What you should do:
From the data below, repeat exactly the lines from the line with "put_digits zero ptr value base m = none" to the line with "if is_zero value'", both included.

Records for the task:
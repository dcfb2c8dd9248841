-- ===== src/Cpu/Tests.antt =====
-- Examples of the theorems on descriptor tables and interrupts.
use ogos.Prelude.{ℕ, ◌≡◌, refl, some, false, [], arith}
use ogos.Cpu.Gdt.{Gdt, gdt_set_entry}
use ogos.Cpu.Gdt.Segments.{base_of, limit_of, flags_of, gdt_set_entry-read}
use ogos.Cpu.Idt.{Idt, no_entry, init_idt, init_irq_entries}
use ogos.Cpu.Idt.Vectors.{IsGate, idt-stubs}
use ogos.Cpu.Irq.{Irq, irq_handler}
use ogos.Cpu.Irq.Acks.{eois, irq_handler-eois}
use ogos.Cpu.Isr.{Isr, Handled, done}

abbrev empty_gdt : Gdt
empty_gdt = record {
  gdt_entries = λ _. record {
    limit_low = 0;
    base_low = 0;
    base_middle = 0;
    access = 0;
    granularity = 0;
    base_high = 0;
  };
  tss = record {
    esp0 = 0;
    ss0 = 0x10;
    es = 0x10;
    cs = 0x08;
    ss = 0;
    ds = 0x13;
    fs = 0x13;
    gs = 0x13;
    iomap_base = 0;
  };
  limit = 0;
  base = 0;
}

gdt_set_entry-read_example :
    let g = gdt_set_entry 1 0x12345678 0xFFFFFFFF 0x9A 0xCF empty_gdt in
    (base_of (g.gdt_entries 1) ≡ 0x12345678)
    × (limit_of (g.gdt_entries 1) ≡ 0xFFFFF)
    × (flags_of (g.gdt_entries 1) ≡ 12)
    × ((g.gdt_entries 1).access ≡ 0x9A)
    × (g.gdt_entries 2 ≡ empty_gdt.gdt_entries 2)
gdt_set_entry-read_example =
    gdt_set_entry-read 1 0x12345678 0xFFFFFFFF 0x9A 0xCF empty_gdt (omega arith) (omega arith)
      (omega arith) 2 (omega arith)

abbrev empty_idt : Idt
empty_idt = record { idt_entries = λ _. no_entry; limit = 0; base = 0 }

idt-stubs_example :
    IsGate 0x2000
      ((init_irq_entries (λ _. 0x2000) (init_idt 0 (λ _. 0x1000) empty_idt)).idt_entries 33)
idt-stubs_example =
    idt-stubs 0 33 (λ _. 0x1000) (λ _. 0x2000) empty_idt (λ _. omega arith) (λ _. omega arith)

abbrev quiet : ℕ → Irq → Irq
quiet h m = m

abbrev idle : Irq
idle = record { irq_handlers = λ _. 5; interrupts = false; ports = []; messages = [] }

-- interrupt 44, of the second controller
irq_handler-eois_example :
    (m' : Irq) × (irq_handler (λ _ _. 0) quiet 44 idle ≡ some m')
    × (eois 0x20 m'.ports ≡ 1)
    × (eois 0xA0 m'.ports ≡ 1)
irq_handler-eois_example =
    irq_handler-eois (λ _ _. 0) quiet 44 idle (omega arith) (omega arith) (λ _ _ _. refl)

abbrev no_handlers : Isr
no_handlers = record { isr_handlers = λ _. 0; syscall_handlers = λ _. 0; notes = [] }

abbrev returns : ℕ → ℕ → ℕ → Isr → Handled
returns h v a m = done m
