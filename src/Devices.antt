-- ===== src/Devices.antt =====
-- Devices: kernel/src/devices.
pub mod Keyboard
pub mod Timer
pub mod Tty
pub mod Ansi
pub mod Console
mod Tests
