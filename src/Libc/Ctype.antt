-- ===== src/Libc/Ctype.antt =====
-- Character classes: kernel/src/libc/ctype.c. An `int` is a ℤ, and a test's 0 or 1 is a Bool.
pub mod Classes
use ogos.Prelude.{ℕ, Bool, not, ◌&&◌, ◌||◌, if◌then◌else◌}
use ogos.Prelude.Int.{ℤ, pos, ◌+ℤ◌, ◌-ℤ◌, ltb_ℤ, eqb_ℤ}

-- `c >= lo && c <= hi`
abbrev pub within : ℕ → ℕ → ℤ → Bool
within lo hi c = not (ltb_ℤ c (pos lo)) && not (ltb_ℤ (pos hi) c)

unfoldable pub isalpha : ℤ → Bool
isalpha c = within b'A' b'Z' c || within b'a' b'z' c

unfoldable pub isdigit : ℤ → Bool
isdigit c = within b'0' b'9' c

pub isalnum : ℤ → Bool
unfolding isalpha isdigit
isalnum c = isalpha c && isdigit c

pub isblank : ℤ → Bool
isblank c = eqb_ℤ c (pos 32) || eqb_ℤ c (pos 9)

pub iscntrl : ℤ → Bool
iscntrl c = within 0 31 c

pub isgraph : ℤ → Bool
isgraph c = within 33 126 c

pub islower : ℤ → Bool
islower c = within b'a' b'z' c

unfoldable pub isprint : ℤ → Bool
isprint c = within 32 126 c

pub ispunct : ℤ → Bool
ispunct c = within 33 47 c || within 58 64 c || within 91 96 c || within 123 126 c

unfoldable pub isspace : ℤ → Bool
isspace c = eqb_ℤ c (pos 32) || within 9 13 c

pub isupper : ℤ → Bool
isupper c = within b'A' b'Z' c

pub isxdigit : ℤ → Bool
unfolding isdigit
isxdigit c = isdigit c || within b'a' b'f' c || within b'A' b'F' c

pub tolower : ℤ → ℤ
unfolding isalpha
tolower c = if not (isalpha c) then c else c +ℤ pos 32

pub toupper : ℤ → ℤ
unfolding isalpha
toupper c = if not (isalpha c) then c else c -ℤ pos 32
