-- ===== src/Libc/Memory.antt =====
-- Memory blocks and strings: kernel/src/libc/string.c. Memory holds a byte at each address.
pub mod Blocks
pub mod Strings
use ogos.Prelude.{
  ℕ, zero, suc, ◌+◌, ◌-◌, ◌<◌, ◌%◌, ◌^◌, ◌≡◌, Option, none, some, Bool, List, [], ◌∷◌, ltb, ◌==◌,
  if◌then◌else◌,
}
use ogos.Prelude.Int.{ℤ, pos, negsuc}

abbrev pub Memory : Type 0
Memory = ℕ → ℕ

abbrev pub write : Memory → ℕ → ℕ → Memory
write m a v b = if a == b then v else m b

-- `for (i = 0; i < size; i++) dst[i] = src[i];` from i on, with n bytes to go.
pub copy_up : ℕ → ℕ → ℕ → ℕ → Memory → Memory
copy_up zero i dst src m = m
copy_up (suc n) i dst src m = copy_up n (i + 1) dst src (write m (dst + i) (m (src + i)))

-- `for (i = size; i != 0; i--) dst[i-1] = src[i-1];`
pub copy_down : ℕ → ℕ → ℕ → Memory → Memory
copy_down zero dst src m = m
copy_down (suc i) dst src m = copy_down i dst src (write m (dst + i) (m (src + i)))

pub memcpy : ℕ → ℕ → ℕ → Memory → Memory
unfolding copy_up
memcpy dst src size m = copy_up size 0 dst src m

pub memmove : ℕ → ℕ → ℕ → Memory → Memory
unfolding copy_up copy_down
memmove dst src size m = if ltb dst src then copy_up size 0 dst src m else copy_down size dst src m

fill : ℕ → ℕ → ℕ → ℕ → Memory → Memory
fill zero i buf v m = m
fill (suc n) i buf v m = fill n (i + 1) buf v (write m (buf + i) v)

pub memset : ℕ → ℕ → ℕ → Memory → Memory
unfolding fill
memset buf value size m = fill size 0 buf (value % 2 ^ 8) m

compare_from : ℕ → ℕ → ℕ → ℕ → Memory → ℤ
compare_from zero i a b m = pos 0
compare_from (suc n) i a b m =
    let rest = compare_from n (i + 1) a b m in
    if ltb (m (a + i)) (m (b + i))
    then negsuc 0
    else if ltb (m (b + i)) (m (a + i))
    then pos 1
    else rest

pub memcmp : ℕ → ℕ → ℕ → Memory → ℤ
unfolding compare_from
memcmp a b size m = compare_from size 0 a b m

-- `none` if the fuel runs out.
pub strcmp : ℕ → ℕ → ℕ → Memory → Option ℤ
strcmp zero s1 s2 m = none
strcmp (suc k) s1 s2 m =
    let rest = strcmp k (s1 + 1) (s2 + 1) m in
    if m s1 == m s2
    then if m s1 == 0 then some (pos 0) else rest
    else some (if ltb (m s1) (m s2) then negsuc 0 else pos 1)

unfoldable pub strlen_loop : ℕ → ℕ → ℕ → Memory → Option ℕ
strlen_loop zero string result m = none
strlen_loop (suc k) string result m =
    let rest = strlen_loop k string (result + 1) m in
    if m (string + result) == 0 then some result else rest

unfoldable pub strlen : ℕ → ℕ → Memory → Option ℕ
unfolding strlen_loop
strlen fuel string m = strlen_loop fuel string 0 m

-- the n characters from an address on
unfoldable pub text_at : ℕ → ℕ → Memory → List ℕ
text_at zero start m = []
text_at (suc n) start m = m start ∷ text_at n (start + 1) m
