-- ===== src/Libc/Stdlib.antt =====
-- Numbers and their texts: `atoi` and `itoa` of kernel/src/libc/stdlib.c. An `int` is a ℤ; the
-- loops run on fuel, and `none` means that it ran out.
pub mod Digits
pub mod Itoa
pub mod Atoi
use Prim.Native.String
use Prim.Native.String.{String}
use Prim.Native.Char.{code}
use ogos.Prelude.{
  ℕ, zero, suc, ◌+◌, ◌-◌, ◌/◌, ◌%◌, Option, none, some, Bool, not, ◌||◌, ◌&&◌, List, [], ◌∷◌, ltb,
  leb, ◌==◌, if◌then◌else◌, get_or,
}
use ogos.Prelude.Int.{ℤ, pos, negsuc, pos_part, sub_ℕ, ◌+ℤ◌, ◌-ℤ◌, ◌*ℤ◌, ltb_ℤ}
use ogos.Libc.Ctype.{isspace, isdigit}
use ogos.Libc.Memory.{Memory, write}

-- A byte read through a `const char *`: `char` is signed.
abbrev pub char : ℕ → ℤ
char b = if ltb b 128 then pos b else negsuc (255 - b)

unfoldable pub skip_space : ℕ → ℕ → Memory → Option ℕ
skip_space zero s m = none
skip_space (suc k) s m =
    let rest = skip_space k (s + 1) m in if isspace (char (m s)) then rest else some s

unfoldable pub read_digits : ℕ → ℕ → ℤ → Memory → Option ℤ
read_digits zero s n m = none
read_digits (suc k) s n m =
    let rest = read_digits k (s + 1) (pos 10 *ℤ n -ℤ (char (m s) -ℤ pos b'0')) m in
    if isdigit (char (m s)) then rest else some n

infixl 5 ◌>>=◌
abbrev pub ◌>>=◌ : {A B : Type 0} → Option A → (A → Option B) → Option B
none >>= f = none
some a >>= f = f a

unfoldable pub atoi : ℕ → ℕ → Memory → Option ℤ
atoi fuel s m = do
  s' ← skip_space fuel s m
  let neg = m s' == b'-'
  let start = if m s' == b'-' || m s' == b'+' then s' + 1 else s'
  n ← read_digits fuel start (pos 0) m
  some (if neg then n else pos 0 -ℤ n)

abbrev pub codes : String → List ℕ
codes String.[] = []
codes (String.◌∷◌ c s) = code c ∷ codes s

digit_table : List ℕ
digit_table = codes "zyxwvutsrqponmlkjihgfedcba9876543210123456789abcdefghijklmnopqrstuvwxyz"

-- The index `35 + value % base`; `%` takes the sign of the value.
abbrev pub digit_index : ℤ → ℕ → ℕ
digit_index (pos v) base = 35 + v % base
digit_index (negsuc v) base = 35 - suc v % base

-- `value / base`, which drops the fraction.
abbrev pub quotient : ℤ → ℕ → ℤ
quotient (pos v) base = pos (v / base)
quotient (negsuc v) base = sub_ℕ 0 (suc v / base)

pub digit_char : ℤ → ℕ → ℕ
digit_char value base = get_or digit_table (digit_index value base) 0

abbrev pub is_zero : ℤ → Bool
is_zero (pos v) = v == 0
is_zero (negsuc v) = Bool.false

-- The `do` loop: it stores the digits of the value from the last to the first.
unfoldable pub put_digits : ℕ → ℕ → ℤ → ℕ → Memory → Option (ℕ × Memory)
put_digits zero ptr value base m = none
put_digits (suc k) ptr value base m =
    let m' = write m ptr (digit_char value base) in
    let value' = quotient value base in
    let rest = put_digits k (ptr + 1) value' base m' in
    if is_zero value' then some (ptr + 1, m') else rest

-- The loop that turns the digits round, with `low` and `ptr` at the two ends.
pub swap_ends : ℕ → ℕ → ℕ → Memory → Option Memory
swap_ends zero low ptr m = none
swap_ends (suc k) low ptr m =
    let rest = swap_ends k (low + 1) (ptr - 1) (write (write m low (m ptr)) ptr (m low)) in
    if ltb low ptr then rest else some m

unfoldable pub itoa : ℕ → ℤ → ℕ → ℕ → Memory → Option Memory
itoa fuel value str base m = if ltb base 2 || ltb 36 base then some (write m str 0) else do
  let neg = ltb_ℤ value (pos 0) && base == 10
  let m1 = if neg then write m str b'-' else m
  let low = if neg then str + 1 else str
  (ptr, m2) ← put_digits fuel low value base m1
  swap_ends fuel low (ptr - 1) (write m2 ptr 0)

Exercise answer:
put_digits zero ptr value base m = none
put_digits (suc k) ptr value base m =
    let m' = write m ptr (digit_char value base) in
    let value' = quotient value base in
    let rest = put_digits k (ptr + 1) value' base m' in
    if is_zero value' then some (ptr + 1, m') else rest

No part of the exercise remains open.